AIM OF THE EXERCISE:
What you return should match the data below exactly, with every entry reproduced.

TASK MATERIAL:
──────────────────────────────
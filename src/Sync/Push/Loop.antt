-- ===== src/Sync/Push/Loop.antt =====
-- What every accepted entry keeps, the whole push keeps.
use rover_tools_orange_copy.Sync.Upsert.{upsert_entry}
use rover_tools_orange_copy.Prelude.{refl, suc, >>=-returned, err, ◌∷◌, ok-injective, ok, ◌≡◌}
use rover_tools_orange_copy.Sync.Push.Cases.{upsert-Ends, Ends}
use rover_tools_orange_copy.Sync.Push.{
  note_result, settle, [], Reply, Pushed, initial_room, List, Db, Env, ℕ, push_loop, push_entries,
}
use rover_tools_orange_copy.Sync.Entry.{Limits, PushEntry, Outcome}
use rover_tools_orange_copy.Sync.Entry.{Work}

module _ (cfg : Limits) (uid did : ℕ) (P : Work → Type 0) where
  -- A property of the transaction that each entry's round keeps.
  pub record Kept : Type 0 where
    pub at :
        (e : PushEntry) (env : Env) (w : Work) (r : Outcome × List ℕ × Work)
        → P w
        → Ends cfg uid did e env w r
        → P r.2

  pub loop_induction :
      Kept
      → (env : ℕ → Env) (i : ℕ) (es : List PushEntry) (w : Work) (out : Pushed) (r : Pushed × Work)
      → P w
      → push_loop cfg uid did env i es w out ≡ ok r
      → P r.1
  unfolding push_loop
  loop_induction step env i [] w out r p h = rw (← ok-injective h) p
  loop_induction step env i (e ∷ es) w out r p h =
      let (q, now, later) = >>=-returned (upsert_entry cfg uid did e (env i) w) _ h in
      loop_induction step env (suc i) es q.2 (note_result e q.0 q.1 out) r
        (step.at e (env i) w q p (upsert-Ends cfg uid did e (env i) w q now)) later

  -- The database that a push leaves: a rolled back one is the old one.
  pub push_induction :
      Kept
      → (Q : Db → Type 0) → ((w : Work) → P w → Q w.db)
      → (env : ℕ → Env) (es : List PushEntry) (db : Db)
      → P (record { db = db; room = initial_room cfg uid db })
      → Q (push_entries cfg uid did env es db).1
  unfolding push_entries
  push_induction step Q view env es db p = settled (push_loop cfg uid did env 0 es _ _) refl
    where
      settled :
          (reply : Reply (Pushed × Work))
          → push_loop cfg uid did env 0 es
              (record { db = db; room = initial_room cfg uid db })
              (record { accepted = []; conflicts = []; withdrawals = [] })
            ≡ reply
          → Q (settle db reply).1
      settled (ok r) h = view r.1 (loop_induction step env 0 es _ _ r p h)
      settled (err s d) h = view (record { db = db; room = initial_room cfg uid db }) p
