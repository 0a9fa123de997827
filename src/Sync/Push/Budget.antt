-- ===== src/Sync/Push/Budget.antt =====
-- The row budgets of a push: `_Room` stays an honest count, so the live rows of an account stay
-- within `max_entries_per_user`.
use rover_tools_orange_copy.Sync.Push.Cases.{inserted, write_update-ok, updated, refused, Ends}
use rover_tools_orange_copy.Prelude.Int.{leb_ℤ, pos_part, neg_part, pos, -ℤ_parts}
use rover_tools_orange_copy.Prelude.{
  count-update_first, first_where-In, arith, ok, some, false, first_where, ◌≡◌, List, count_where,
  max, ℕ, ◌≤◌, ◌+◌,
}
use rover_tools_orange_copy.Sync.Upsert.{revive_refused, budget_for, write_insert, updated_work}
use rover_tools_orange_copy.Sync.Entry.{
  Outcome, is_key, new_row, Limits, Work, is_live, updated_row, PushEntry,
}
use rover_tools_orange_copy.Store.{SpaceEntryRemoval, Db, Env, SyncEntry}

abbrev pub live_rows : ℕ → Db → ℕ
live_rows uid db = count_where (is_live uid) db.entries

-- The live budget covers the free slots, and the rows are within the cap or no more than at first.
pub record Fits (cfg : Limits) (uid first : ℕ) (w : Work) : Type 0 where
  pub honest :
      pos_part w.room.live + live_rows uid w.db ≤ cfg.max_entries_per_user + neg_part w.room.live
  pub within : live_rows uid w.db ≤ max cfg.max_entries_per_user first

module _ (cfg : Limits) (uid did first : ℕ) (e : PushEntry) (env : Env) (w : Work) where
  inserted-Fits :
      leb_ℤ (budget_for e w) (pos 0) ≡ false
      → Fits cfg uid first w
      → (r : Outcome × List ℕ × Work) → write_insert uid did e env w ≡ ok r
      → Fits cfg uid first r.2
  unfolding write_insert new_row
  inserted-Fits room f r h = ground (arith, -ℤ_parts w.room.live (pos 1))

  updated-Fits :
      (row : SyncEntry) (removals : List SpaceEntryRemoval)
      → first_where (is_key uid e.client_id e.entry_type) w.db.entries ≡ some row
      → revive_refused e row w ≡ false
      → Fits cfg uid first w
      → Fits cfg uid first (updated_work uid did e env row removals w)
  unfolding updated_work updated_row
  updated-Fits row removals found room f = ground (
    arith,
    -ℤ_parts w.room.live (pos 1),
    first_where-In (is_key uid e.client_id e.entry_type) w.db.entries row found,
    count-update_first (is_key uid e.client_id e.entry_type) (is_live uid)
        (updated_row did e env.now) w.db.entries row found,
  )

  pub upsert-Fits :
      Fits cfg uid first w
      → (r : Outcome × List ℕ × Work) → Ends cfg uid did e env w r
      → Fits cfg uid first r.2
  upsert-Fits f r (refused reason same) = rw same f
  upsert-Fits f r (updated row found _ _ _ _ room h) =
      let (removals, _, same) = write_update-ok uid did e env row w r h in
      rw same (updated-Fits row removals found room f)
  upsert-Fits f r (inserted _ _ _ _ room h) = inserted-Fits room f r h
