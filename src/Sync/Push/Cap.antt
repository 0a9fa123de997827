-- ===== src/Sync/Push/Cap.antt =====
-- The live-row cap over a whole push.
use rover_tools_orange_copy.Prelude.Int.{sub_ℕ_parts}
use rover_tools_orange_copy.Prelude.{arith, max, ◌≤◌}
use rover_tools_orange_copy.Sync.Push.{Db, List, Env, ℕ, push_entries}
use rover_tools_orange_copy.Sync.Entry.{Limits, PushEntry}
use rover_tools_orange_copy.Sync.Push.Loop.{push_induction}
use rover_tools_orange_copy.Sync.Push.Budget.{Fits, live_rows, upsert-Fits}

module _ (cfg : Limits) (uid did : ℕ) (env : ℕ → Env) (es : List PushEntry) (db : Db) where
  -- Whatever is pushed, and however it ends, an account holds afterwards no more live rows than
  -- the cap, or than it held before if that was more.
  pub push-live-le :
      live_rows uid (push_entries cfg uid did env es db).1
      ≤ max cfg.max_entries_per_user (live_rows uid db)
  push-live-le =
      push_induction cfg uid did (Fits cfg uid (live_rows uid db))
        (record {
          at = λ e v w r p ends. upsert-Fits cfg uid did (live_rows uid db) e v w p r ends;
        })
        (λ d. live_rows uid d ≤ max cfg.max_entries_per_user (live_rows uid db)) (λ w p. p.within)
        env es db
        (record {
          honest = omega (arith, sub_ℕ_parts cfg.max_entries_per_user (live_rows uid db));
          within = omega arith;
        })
──────────────────────────────
REPLY TO THE TASK:
filename src/Sync/Push/Loop.antt
-- ===== src/Sync/Push/Loop.antt =====
-- What every accepted entry keeps, the whole push keeps.
use rover_tools_orange_copy.Sync.Upsert.{upsert_entry}
use rover_tools_orange_copy.Prelude.{refl, suc, >>=-returned, err, ◌∷◌, ok-injective, ok, ◌≡◌}
use rover_tools_orange_copy.Sync.Push.Cases.{upsert-Ends, Ends}
use rover_tools_orange_copy.Sync.Push.{
  note_result, settle, [], Reply, Pushed, initial_room, List, Db, Env, ℕ, push_loop, push_entries,
}
use rover_tools_orange_copy.Sync.Entry.{Limits, PushEntry, Outcome}
use rover_tools_orange_copy.Sync.Entry.{Work}

module _ (cfg : Limits) (uid did : ℕ) (P : Work → Type 0) where
  -- A property of the transaction that each entry's round keeps.
  pub record Kept : Type 0 where
    pub at :
        (e : PushEntry) (env : Env) (w : Work) (r : Outcome × List ℕ × Work)
        → P w
        → Ends cfg uid did e env w r
        → P r.2

  pub loop_induction :
      Kept
      → (env : ℕ → Env) (i : ℕ) (es : List PushEntry) (w : Work) (out : Pushed) (r : Pushed × Work)
      → P w
      → push_loop cfg uid did env i es w out ≡ ok r
      → P r.1
  unfolding push_loop
  loop_induction step env i [] w out r p h = rw (← ok-injective h) p
  loop_induction step env i (e ∷ es) w out r p h =
      let (q, now, later) = >>=-returned (upsert_entry cfg uid did e (env i) w) _ h in
      loop_induction step env (suc i) es q.2 (note_result e q.0 q.1 out) r
        (step.at e (env i) w q p (upsert-Ends cfg uid did e (env i) w q now)) later

  -- The database that a push leaves: a rolled back one is the old one.
  pub push_induction :
      Kept
      → (Q : Db → Type 0) → ((w : Work) → P w → Q w.db)
      → (env : ℕ → Env) (es : List PushEntry) (db : Db)
      → P (record { db = db; room = initial_room cfg uid db })
      → Q (push_entries cfg uid did env es db).1
  unfolding push_entries
  push_induction step Q view env es db p = settled (push_loop cfg uid did env 0 es _ _) refl
    where
      settled :
          (reply : Reply (Pushed × Work))
          → push_loop cfg uid did env 0 es
              (record { db = db; room = initial_room cfg uid db })
              (record { accepted = []; conflicts = []; withdrawals = [] })
            ≡ reply
          → Q (settle db reply).1
      settled (ok r) h = view r.1 (loop_induction step env 0 es _ _ r p h)
      settled (err s d) h = view (record { db = db; room = initial_room cfg uid db }) p
repository 0a9fa123de997827
filename src/Sync/Push/Budget.antt
-- ===== src/Sync/Push/Budget.antt =====
-- The row budgets of a push: `_Room` stays an honest count, so the live rows of an account stay
-- within `max_entries_per_user`.
use rover_tools_orange_copy.Sync.Push.Cases.{inserted, write_update-ok, updated, refused, Ends}
use rover_tools_orange_copy.Prelude.Int.{leb_ℤ, pos_part, neg_part, pos, -ℤ_parts}
use rover_tools_orange_copy.Prelude.{
  count-update_first, first_where-In, arith, ok, some, false, first_where, ◌≡◌, List, count_where,
  max, ℕ, ◌≤◌, ◌+◌,
}
use rover_tools_orange_copy.Sync.Upsert.{revive_refused, budget_for, write_insert, updated_work}
use rover_tools_orange_copy.Sync.Entry.{
  Outcome, is_key, new_row, Limits, Work, is_live, updated_row, PushEntry,
}
use rover_tools_orange_copy.Store.{SpaceEntryRemoval, Db, Env, SyncEntry}

abbrev pub live_rows : ℕ → Db → ℕ
live_rows uid db = count_where (is_live uid) db.entries

-- The live budget covers the free slots, and the rows are within the cap or no more than at first.
pub record Fits (cfg : Limits) (uid first : ℕ) (w : Work) : Type 0 where
  pub honest :
      pos_part w.room.live + live_rows uid w.db ≤ cfg.max_entries_per_user + neg_part w.room.live
  pub within : live_rows uid w.db ≤ max cfg.max_entries_per_user first

module _ (cfg : Limits) (uid did first : ℕ) (e : PushEntry) (env : Env) (w : Work) where
  inserted-Fits :
      leb_ℤ (budget_for e w) (pos 0) ≡ false
      → Fits cfg uid first w
      → (r : Outcome × List ℕ × Work) → write_insert uid did e env w ≡ ok r
      → Fits cfg uid first r.2
  unfolding write_insert new_row
  inserted-Fits room f r h = ground (arith, -ℤ_parts w.room.live (pos 1))

  updated-Fits :
      (row : SyncEntry) (removals : List SpaceEntryRemoval)
      → first_where (is_key uid e.client_id e.entry_type) w.db.entries ≡ some row
      → revive_refused e row w ≡ false
      → Fits cfg uid first w
      → Fits cfg uid first (updated_work uid did e env row removals w)
  unfolding updated_work updated_row
  updated-Fits row removals found room f = ground (
    arith,
    -ℤ_parts w.room.live (pos 1),
    first_where-In (is_key uid e.client_id e.entry_type) w.db.entries row found,
    count-update_first (is_key uid e.client_id e.entry_type) (is_live uid)
        (updated_row did e env.now) w.db.entries row found,
  )

  pub upsert-Fits :
      Fits cfg uid first w
      → (r : Outcome × List ℕ × Work) → Ends cfg uid did e env w r
      → Fits cfg uid first r.2
  upsert-Fits f r (refused reason same) = rw same f
  upsert-Fits f r (updated row found _ _ _ _ room h) =
      let (removals, _, same) = write_update-ok uid did e env row w r h in
      rw same (updated-Fits row removals found room f)
  upsert-Fits f r (inserted _ _ _ _ room h) = inserted-Fits room f r h
filename src/Sync/Push/Cap.antt
repository 0a9fa123de997827
-- ===== src/Sync/Push/Cap.antt =====
-- The live-row cap over a whole push.
use rover_tools_orange_copy.Prelude.Int.{sub_ℕ_parts}
use rover_tools_orange_copy.Prelude.{arith, max, ◌≤◌}
use rover_tools_orange_copy.Sync.Push.{Db, List, Env, ℕ, push_entries}
use rover_tools_orange_copy.Sync.Entry.{Limits, PushEntry}
use rover_tools_orange_copy.Sync.Push.Loop.{push_induction}
use rover_tools_orange_copy.Sync.Push.Budget.{Fits, live_rows, upsert-Fits}

module _ (cfg : Limits) (uid did : ℕ) (env : ℕ → Env) (es : List PushEntry) (db : Db) where
  -- Whatever is pushed, and however it ends, an account holds afterwards no more live rows than
  -- the cap, or than it held before if that was more.
  pub push-live-le :
      live_rows uid (push_entries cfg uid did env es db).1
      ≤ max cfg.max_entries_per_user (live_rows uid db)
  push-live-le =
      push_induction cfg uid did (Fits cfg uid (live_rows uid db))
        (record {
          at = λ e v w r p ends. upsert-Fits cfg uid did (live_rows uid db) e v w p r ends;
        })
        (λ d. live_rows uid d ≤ max cfg.max_entries_per_user (live_rows uid db)) (λ w p. p.within)
        env es db
        (record {
          honest = omega (arith, sub_ℕ_parts cfg.max_entries_per_user (live_rows uid db));
          within = omega arith;
        })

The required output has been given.